He was working on it. But damn, it was hard.
“Yeah,” he said, drawing a deep breath that eased the ache just a touch. “I’m okay. For the first time in a long time, Isa, I’m exactly what I’m supposed to be.”
***
“You hesitate, child. Is there a problem?”
Skyla paused at the steps of the white ship. The one with big billowing green sails that would take her to the Isles of the Blessed, where the souls of the heroes and those who had proven themselves in life dwelt in harmony.
A bright light shone far off in the distance, casting a sparkle over the water like a million tiny diamonds. She wanted to go.
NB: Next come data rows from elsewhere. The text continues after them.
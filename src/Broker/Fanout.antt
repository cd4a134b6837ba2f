-- ===== src/Broker/Fanout.antt =====
-- broker.rs `publish`: what a PUBLISH leaves in the queue of each connection.
use hotaru_mqtt.Base.{
  ℕ, ◌+◌, ◌≡◌, ◌≢◌, inl, inr, ◌≤◌, ◌<◌, refl, sym, ap, ◌∙◌, List, [], ◌∷◌, ◌++◌, append-nil,
  append_assoc, true, false, Option, none, some, arith, ◌==◌, ltb, if◌then◌else◌, Bool-cases,
  Option-cases, Bytes, str_eq, length, length-append, All, ==_iff,
}
use hotaru_mqtt.Request.Qos.{Qos, as_u8, min_qos, min_qos-le, at_most_once}
use hotaru_mqtt.Packet.{PublishPacket}
use hotaru_mqtt.Topic.Split.{split}
use hotaru_mqtt.DashMap.{get, str_key}
use hotaru_mqtt.Session.{MqttSession, allocate_packet_id}
use hotaru_mqtt.Session.Ids.{given, allocate_packet_id_lem}
use hotaru_mqtt.Channel.{MqttChannel, WriteCmd, send_publish}
use hotaru_mqtt.Broker.{
  BrokerInner, SubscriberEntry, ConnectionId, matching, adjust, deliver, publish_one, publish_loop,
  publish,
}

-- The packet id of a message: none at qos 0, else one that MQTT allows.
abbrev pub IdFits : Qos → Option ℕ → Type 0
IdFits q none = q ≡ at_most_once
IdFits q (some id) = (q ≢ at_most_once) × (1 ≤ id) × (id < 65536)

-- What a subscriber may be sent for `packet`.
abbrev pub IsCopy : PublishPacket → PublishPacket → Type 0
IsCopy packet out =
    (out.topic ≡ packet.topic)
    × (out.payload ≡ packet.payload)
    × (out.dup ≡ false)
    × (out.retain ≡ false)
    × (as_u8 out.qos ≤ as_u8 packet.qos)
    × IdFits out.qos out.packet_id

abbrev pub IsCopyCmd : PublishPacket → WriteCmd → Type 0
IsCopyCmd packet (WriteCmd.packet p) = ⊥
IsCopyCmd packet WriteCmd.flush = ⊥
IsCopyCmd packet WriteCmd.shutdown = ⊥
IsCopyCmd packet (WriteCmd.publish out) = IsCopy packet out

-- Whether the subscriber `sub_id` is served over the connection `c`.
abbrev pub served : Bytes → Bytes → ConnectionId → List (Bytes × SubscriberEntry) → ℕ
served source sub_id c sessions = if str_eq sub_id source then 0 else elim (get sub_id sessions) [
  | none ↦ 0
  | some entry ↦ if entry.connection_id == c then 1 else 0
]

-- How many of the subscriptions are.
abbrev pub served_in :
    Bytes → List (Bytes × Qos) → ConnectionId → List (Bytes × SubscriberEntry) → ℕ
served_in source [] c sessions = 0
served_in source ((sub_id, q) ∷ rest) c sessions =
    served source sub_id c sessions + served_in source rest c sessions

IdFits-zero : (q : Qos) → ltb 0 (as_u8 q) ≡ false → IdFits q none
unfolding as_u8
IdFits-zero q h = ground arith

IdFits-some : (q : Qos) (id : ℕ) → ltb 0 (as_u8 q) ≡ true → 1 ≤ id → id < 65536 → IdFits q (some id)
unfolding as_u8
IdFits-some q id h lo hi = ground arith

adjust-IsCopy :
    (packet : PublishPacket) (q : Qos) (s : MqttSession) → IsCopy packet (adjust packet q s).1
unfolding adjust allocate_packet_id
adjust-IsCopy packet q s =
    let (lo, hi, n) = allocate_packet_id_lem s in
    elim (Bool-cases (ltb 0 (as_u8 (min_qos packet.qos q)))) [
      | inl e ↦
          rw (adjust, e)
            (
              refl,
              refl,
              refl,
              refl,
              (min_qos-le packet.qos q).0,
              IdFits-some (min_qos packet.qos q) (given s) e lo hi,
            )
      | inr e ↦
          rw (adjust, e)
            (
              refl,
              refl,
              refl,
              refl,
              (min_qos-le packet.qos q).0,
              IdFits-zero (min_qos packet.qos q) e,
            )
    ]

-- The queue `after` holds `n` copies of `packet` more than `before`.
abbrev pub Gains : PublishPacket → ℕ → MqttChannel → MqttChannel → Type 0
Gains packet n before after =
    (sent : List WriteCmd) × (after.queue ≡ before.queue ++ sent)
    × All (IsCopyCmd packet) sent
    × (length sent ≡ n)
    × (after.writer_alive ≡ before.writer_alive)

Gains-none : (packet : PublishPacket) (ch : MqttChannel) → Gains packet 0 ch ch
Gains-none packet ch = ([], sym (append-nil ch.queue), tt, refl, refl)

deliver-Gains :
    (packet : PublishPacket) (q : Qos) (ch : MqttChannel)
    → ch.writer_alive ≡ true
    → Gains packet 1 ch (deliver packet q ch)
unfolding deliver send_publish
deliver-Gains packet q ch h = rw h (
  WriteCmd.publish (adjust packet q ch.session).1 ∷ [],
  refl,
  (adjust-IsCopy packet q ch.session, tt),
  refl,
  refl,
)

All-append :
    (packet : PublishPacket) (xs ys : List WriteCmd)
    → All (IsCopyCmd packet) xs
    → All (IsCopyCmd packet) ys
    → All (IsCopyCmd packet) (xs ++ ys)
All-append packet [] ys a b = b
All-append packet (x ∷ xs) ys (h, a) b = (h, All-append packet xs ys a b)

Gains-cong :
    (packet : PublishPacket) (m n : ℕ) (a b : MqttChannel)
    → m ≡ n
    → Gains packet m a b
    → Gains packet n a b
Gains-cong packet m n a b e (xs, ex, ax, lx, wx) = (xs, ex, ax, lx ∙ e, wx)

Gains-trans :
    (packet : PublishPacket) (m n : ℕ) (a b c : MqttChannel)
    → Gains packet m a b
    → Gains packet n b c
    → Gains packet (m + n) a c
Gains-trans packet m n a b c (xs, ex, ax, lx, wx) (ys, ey, ay, ly, wy) = (
  xs ++ ys,
  ey ∙ (rw ex (append_assoc a.queue xs ys)),
  All-append packet xs ys ax ay,
  omega (arith, length-append xs ys, lx, ly),
  wy ∙ wx,
)

pub publish_one-sessions :
    (source : Bytes) (packet : PublishPacket) (sub_id : Bytes) (q : Qos) (st : BrokerInner)
    → ((publish_one source packet sub_id q st).sessions ≡ st.sessions)
      × ((publish_one source packet sub_id q st).subscriptions ≡ st.subscriptions)
unfolding publish_one
publish_one-sessions source packet sub_id q st = elim (Bool-cases (str_eq sub_id source)) [
  | inl e ↦ rw e (refl, refl)
  | inr n ↦ elim (Option-cases (get sub_id st.sessions)) [
    | inl e ↦ rw (n, e) (refl, refl)
    | inr (entry, e) ↦ rw (n, e) (refl, refl)
  ]
]

publish_one-Gains :
    (source : Bytes) (packet : PublishPacket) (sub_id : Bytes) (q : Qos) (st : BrokerInner)
    (c : ConnectionId)
    → (st.channels c).writer_alive ≡ true
    → Gains packet
        (served source sub_id c st.sessions)
        (st.channels c)
        ((publish_one source packet sub_id q st).channels c)
unfolding publish_one
publish_one-Gains source packet sub_id q st c h = elim (Bool-cases (str_eq sub_id source)) [
  | inl e ↦ rw (served, e) (Gains-none packet (st.channels c))
  | inr n ↦ elim (Option-cases (get sub_id st.sessions)) [
    | inl e ↦ rw (served, n, e) (Gains-none packet (st.channels c))
    | inr (entry, e) ↦ elim (Bool-cases (entry.connection_id == c)) [
      | inl same ↦
          let at : entry.connection_id ≡ c = (==_iff entry.connection_id c).0 same in
          rw (served, n, e, same, at) (deliver-Gains packet q (st.channels c) h)
      | inr other ↦ rw (served, n, e, other) (Gains-none packet (st.channels c))
    ]
  ]
]

pub publish_loop-frame :
    (source : Bytes) (packet : PublishPacket) (subs : List (Bytes × Qos)) (st : BrokerInner)
    → ((publish_loop source packet subs st).sessions ≡ st.sessions)
      × ((publish_loop source packet subs st).subscriptions ≡ st.subscriptions)
unfolding publish_loop
publish_loop-frame source packet [] st = (refl, refl)
publish_loop-frame source packet ((sub_id, q) ∷ rest) st =
    let (s, t) = publish_one-sessions source packet sub_id q st in
    let (s', t') = publish_loop-frame source packet rest (publish_one source packet sub_id q st) in
    (s' ∙ s, t' ∙ t)

publish_loop-Gains :
    (source : Bytes) (packet : PublishPacket) (subs : List (Bytes × Qos)) (st : BrokerInner)
    (c : ConnectionId)
    → (st.channels c).writer_alive ≡ true
    → Gains packet
        (served_in source subs c st.sessions)
        (st.channels c)
        ((publish_loop source packet subs st).channels c)
unfolding publish_loop
publish_loop-Gains source packet [] st c h = Gains-none packet (st.channels c)
publish_loop-Gains source packet ((sub_id, q) ∷ rest) st c h =
    let st' = publish_one source packet sub_id q st in
    let one = publish_one-Gains source packet sub_id q st c h in
    let (sessions, t) = publish_one-sessions source packet sub_id q st in
    let loop = publish_loop-Gains source packet rest st' c (one.4 ∙ h) in
    Gains-trans packet (served source sub_id c st.sessions) (served_in source rest c st.sessions)
      (st.channels c) (st'.channels c) ((publish_loop source packet rest st').channels c) one
      (Gains-cong packet (served_in source rest c st'.sessions)
        (served_in source rest c st.sessions) (st'.channels c)
        ((publish_loop source packet rest st').channels c)
        (ap (λ x. served_in source rest c x) sessions) loop)

-- Publishing appends to the queue of a connection whose writer is alive one message for each
-- matching subscription that is served over it, the publisher's own left out, and nothing else;
-- each is a copy with the topic and payload of the original, not dup, not retain, a qos no higher
-- than the original's, and a packet id from 1 to 65535 exactly when the qos is above 0.
pub publish_lem :
    (source : Bytes) (packet : PublishPacket) (st : BrokerInner) (c : ConnectionId)
    → (st.channels c).writer_alive ≡ true
    → Gains packet
        (served_in source (matching (split packet.topic) st.subscriptions) c st.sessions)
        (st.channels c)
        ((publish source packet st).channels c)
unfolding publish
publish_lem source packet st c h =
    publish_loop-Gains source packet (matching (split packet.topic) st.subscriptions) st c h

-- Both tables stay as they are.
pub publish-frame :
    (source : Bytes) (packet : PublishPacket) (st : BrokerInner)
    → ((publish source packet st).sessions ≡ st.sessions)
      × ((publish source packet st).subscriptions ≡ st.subscriptions)
unfolding publish
publish-frame source packet st =
    publish_loop-frame source packet (matching (split packet.topic) st.subscriptions) st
Felt the pull all the way to her toes. But something held her back.
She faced the Fate standing at her side—Atropos, she’d heard her called—the one with salt-and-pepper hair and a long, flowing white robe. “I—I feel like I’m forgetting something. Something I’m not supposed to forget.”
Atropos frowned and looked at her sister. The white-haired Lachesis. “This is your fault, hag.”
“Not mine.” Lachesis grinned. “Blame Hera. She’s responsible for the soul-mate curse.”
Skyla had no idea what they were talking about. She looked from weathered face to weathered face and knew only one thing: The hole in her heart hurt. A pain she shouldn’t have. Not when she was about to sail off to paradise.
“If you do this,” Atropos said with a scowl, “you do so without my blessing.”
“Now, sister hag.” Lachesis cut her a look. “Have I ever needed your blessing before?”
Atropos harrumphed. “It is because of you this problem exists.”
“And I will set it right.” Lachesis turned to Skyla. “What if you could go back?”
“Go back?” Skyla’s brow dropped. “I don’t under—”
“To the human realm.”
The human realm. Skyla’s mind spun. Yes. She’d been human, hadn’t she?
“Not everyone gets this choice—”
“No one gets this choice,” Atropos mumbled, arms crossed over her chest.
“—but you are special.” Lachesis darted a glare at her sister before refocusing on Skyla. “You sacrificed your life for another.”
“I did?” Skyla couldn’t remember. “Who?”
“That you can’t tell her,” Atropos snapped. “If she goes back, she has to make the choice not knowing what she’s going back to.”
Lachesis sighed. “She’s right. There are rules. Rules even I can’t break. You have to make the decision not knowing the life you led before.”
“Or what’s waiting for you,” Atropos added. “Could be a child molester or a rapist you’re missing.”
Lachesis frowned at her sister again. “Or it could be a king.”
Atropos harrumphed. “Kings are useless.”
“Regardless,” Lachesis said, looking at Skyla again, “you have to make the decision based on what’s before you.” She held out her arm. “The Isles of the Blessed, or what you are afraid to forget.”
The sparkling light on the horizon called to Skyla. But the Fates’ options…How could she make that decision? She tried to rationalize it and came up with only one scenario that made sense. “If I’m here, then it means I led a good life.”
“Not necessarily,” Lachesis answered. “But one can redeem herself in her last moment and counteract all the wrong she did before.”
“Stupid loophole,” Atropos muttered.
“By saving a life.” The emptiness in Skyla’s chest grew larger. Until she was afraid it would swallow her whole. “If I go on the ship…”
“Then the pain you feel will disappear,” Atropos said. “And you’ll be free—mind, body, and soul. No more suffering, no more loneliness, no more hurting. The Isles of the Blessed are Elysium. Heaven.”
“But I’ll forget,” Skyla clarified.
“Yes,” Lachesis said before Atropos could answer. “You will forget.”
“And if I go back…?”
Atropos frowned.
Skyla looked at Lachesis. The white-haired Fate’s eyes softened. “The pain you feel will also disappear. And you’ll remember.”
“Would I ever have the chance to come back here?”
“That depends on you, child,” Lachesis said. “On the life you choose to lead in the human realm. Only you can make that decision.”
Skyla looked back out over the water. The light consumed her, and the urge to climb on that sparkling ship was so strong it tugged at the center of her being. Slowly, ever so slowly, closing the hole in her chest, filling it with peace. A peace that, for some reason, she was sure she’d never really had before.
A peace that made her forget just what it was that was holding her back.
“Time’s up,” Atropos announced. “What’s your decision, child?”
Chapter 28
Orpheus was pretty sure he’d never been so tired.